Finding none of those initiatives to be comparable to the TPA, he declared that “we have never before considered a voter approval requirement imposed on the Legislature like the one at issue here.”

He remarked that the proposal would “strip the Legislature of authority to promptly raise revenues when necessary” and said:

“The Constitution…directs that the Legislature’s fiscal decisions must be effective immediately. This is particularly important when changes in revenue or appropriations are needed to respond to state or local emergencies.”

Unpersuaded by the assertion that the TPA retains the taxing authority within the legislative branch by simply moving the taxing power from the representative body to the electorate, he concluded:

“[R]equiring any new or higher tax levy to undergo voter approval would significantly alter the existing constitutional balance between direct democracy and representative democracy, with reverberations throughout the framework of our government.” Liu pointed out that the TPA would shift power between the executive and legislative branches by amending Article XIII “to require a two-thirds vote not just on any ‘state statute’ effecting such a change, but on any ‘state law’ doing so” and that “[t]he TPA makes clear that ‘state law’…would include executive and agency actions.”
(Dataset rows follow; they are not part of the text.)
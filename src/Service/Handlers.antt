-- ===== src/Service/Handlers.antt =====
-- The other handlers of EnclaveService in enclave/main.py, and their registration with the server.
use agentic_ai_tee.Base.{
  Option, none, some, List, [], ◌∷◌, if◌then◌else◌, is_empty, Text, codes, Value, Items, nil, cons,
  Fields, bool, str, list, dict, end, field,
}
use agentic_ai_tee.Base.Dict.{Dict}
use agentic_ai_tee.Base.Result.{Result, ok, err}
use agentic_ai_tee.Agent.Controller.State.{Controller}
use agentic_ai_tee.Agent.Models.{TaskRequest}
use agentic_ai_tee.Tools.Router.{Format}
use agentic_ai_tee.Vsock.Protocol.{MessageFrame}
use agentic_ai_tee.Vsock.Server.{Handler}
use agentic_ai_tee.Service.State.{Config, State, text_or}
use agentic_ai_tee.Service.Tasks.{Outside, Times, handle_task_request}
use agentic_ai_tee.Service.Reconfigure.{handle_reconfigure}

unfoldable pub handle_echo : MessageFrame → MessageFrame
handle_echo msg = record {
  msg_type = str (codes "echo_response");
  payload = msg.payload;
  request_id = msg.request_id;
}

unfoldable pub text_items : List Text → Items
text_items [] = nil
text_items (t ∷ ts) = cons (str t) (text_items ts)

-- `tools` is the names of the registry.
unfoldable pub handle_status : List Text → Config → MessageFrame → MessageFrame
handle_status tools config msg = record {
  msg_type = str (codes "status_response");
  payload = dict (
      field (codes "status") (str (codes "running")) (
        field (codes "tools") (list (text_items tools)) (
          field (codes "llm_provider") (str config.llm_provider) (
            field (codes "llm_model") (str config.llm_model)
              (field (codes "use_vsock") (bool config.use_vsock) end)))));
  request_id = msg.request_id;
}

-- The public keys of the enclave in hex, and the PCR values of a fresh document for a nonce.
pub record Identity : Type 0 where
  pub verify_key : Text
  pub public_key : Text
  pub fresh_pcrs : Option Text → Fields

abbrev pub nonce_of : Text → Option Text
nonce_of t = if is_empty t then none else some t

unfoldable pub attestation_frame : Identity → Value → Text → MessageFrame
attestation_frame I request_id nonce = record {
  msg_type = str (codes "attestation");
  payload = dict (
      field (codes "pcrs") (dict (I.fresh_pcrs (nonce_of nonce))) (
        field (codes "verify_key") (str I.verify_key)
          (field (codes "public_key") (str I.public_key) end)));
  request_id = request_id;
}

-- A nonce that is no text raises, and so does a payload that is no dict.
unfoldable pub handle_attest : Identity → Text → MessageFrame → Result Text (Option MessageFrame)
handle_attest I unreadable msg = elim msg.payload [
  | dict payload ↦ elim (text_or payload (codes "nonce") []) [
    | none ↦ err unreadable
    | some nonce ↦ ok (some (attestation_frame I msg.request_id nonce))
  ]
  | _ ↦ err unreadable
]

-- `_register_handlers`
module _ (O : Outside) (F : Format) (sha3 : Text → Text) {L W : Type 0} (C : Controller L W)
    (system_prompt : TaskRequest → Text) (times : Times) (lower : Text → Text) (I : Identity)
    (tools : List Text) where
  -- A handler that leaves the stream alone.
  abbrev off_stream :
      (MessageFrame → State L W → Result Text (Option MessageFrame) × State L W)
      → Handler (State L W)
  off_stream handle msg written s = let (reply, s') = handle msg s in (reply, written, s')

  unfoldable pub service_handlers : Dict (Handler (State L W))
  service_handlers =
      (codes "task_request", off_stream (handle_task_request O F sha3 C system_prompt times))
      ∷ (codes "attest", off_stream (λ msg s. (handle_attest I O.unreadable msg, s)))
      ∷ (codes "echo", off_stream (λ msg s. (ok (some (handle_echo msg)), s)))
      ∷ (codes "status", off_stream (λ msg s. (ok (some (handle_status tools s.config msg)), s)))
      ∷ (codes "reconfigure", off_stream (handle_reconfigure lower O.unreadable))
      ∷ []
Reasoning that the TPA “would significantly rework the current balance between legislative and executive functions at the state and local level,” he wrote:

“[T]he Legislature today is authorized to decide whether to set certain fees itself or to delegate the task to various agencies. Under the TPA, the Legislature would be stripped of that authority and would instead be tasked with considering and voting on a multitude of fees currently set by agencies.”

He also noted that:

“[T]he TPA would expand the referendum power to encompass all fees imposed by state and local agencies. As a result of its new definition of ‘tax,’ the TPA would narrow the tax exception to the referendum power set forth in article II, section 9 of the Constitution and would exclude every newly defined ‘exempt charge’ from the referendum exception.”

Initiative Tax Decisions

Liu explained that the TPA would amend Article XIII §2 to require that the two-thirds voter approval rule to apply to taxes submitted to the electorate by initiative and would also prohibit local governments from proposing a local tax in a charter city as a majority vote charter amendment.

He said:

 “Taken together, these provisions of the TPA transform local revenue-raising by requiring that exempt charges go through legislative rather than administrative processes. For example, a local utility would no longer be able to adjust rates without a local governing body passing an ordinance, and a community center would no longer be able to impose user fee charges for facility rentals without engaging in a legislative process.”

He concluded that “[t]he TPA would shift so much authority, in such a significant manner, that it would substantially alter our framework of government.”

The case is Legislature of the State of California v. Weber, 2024 S.O.S. 1928.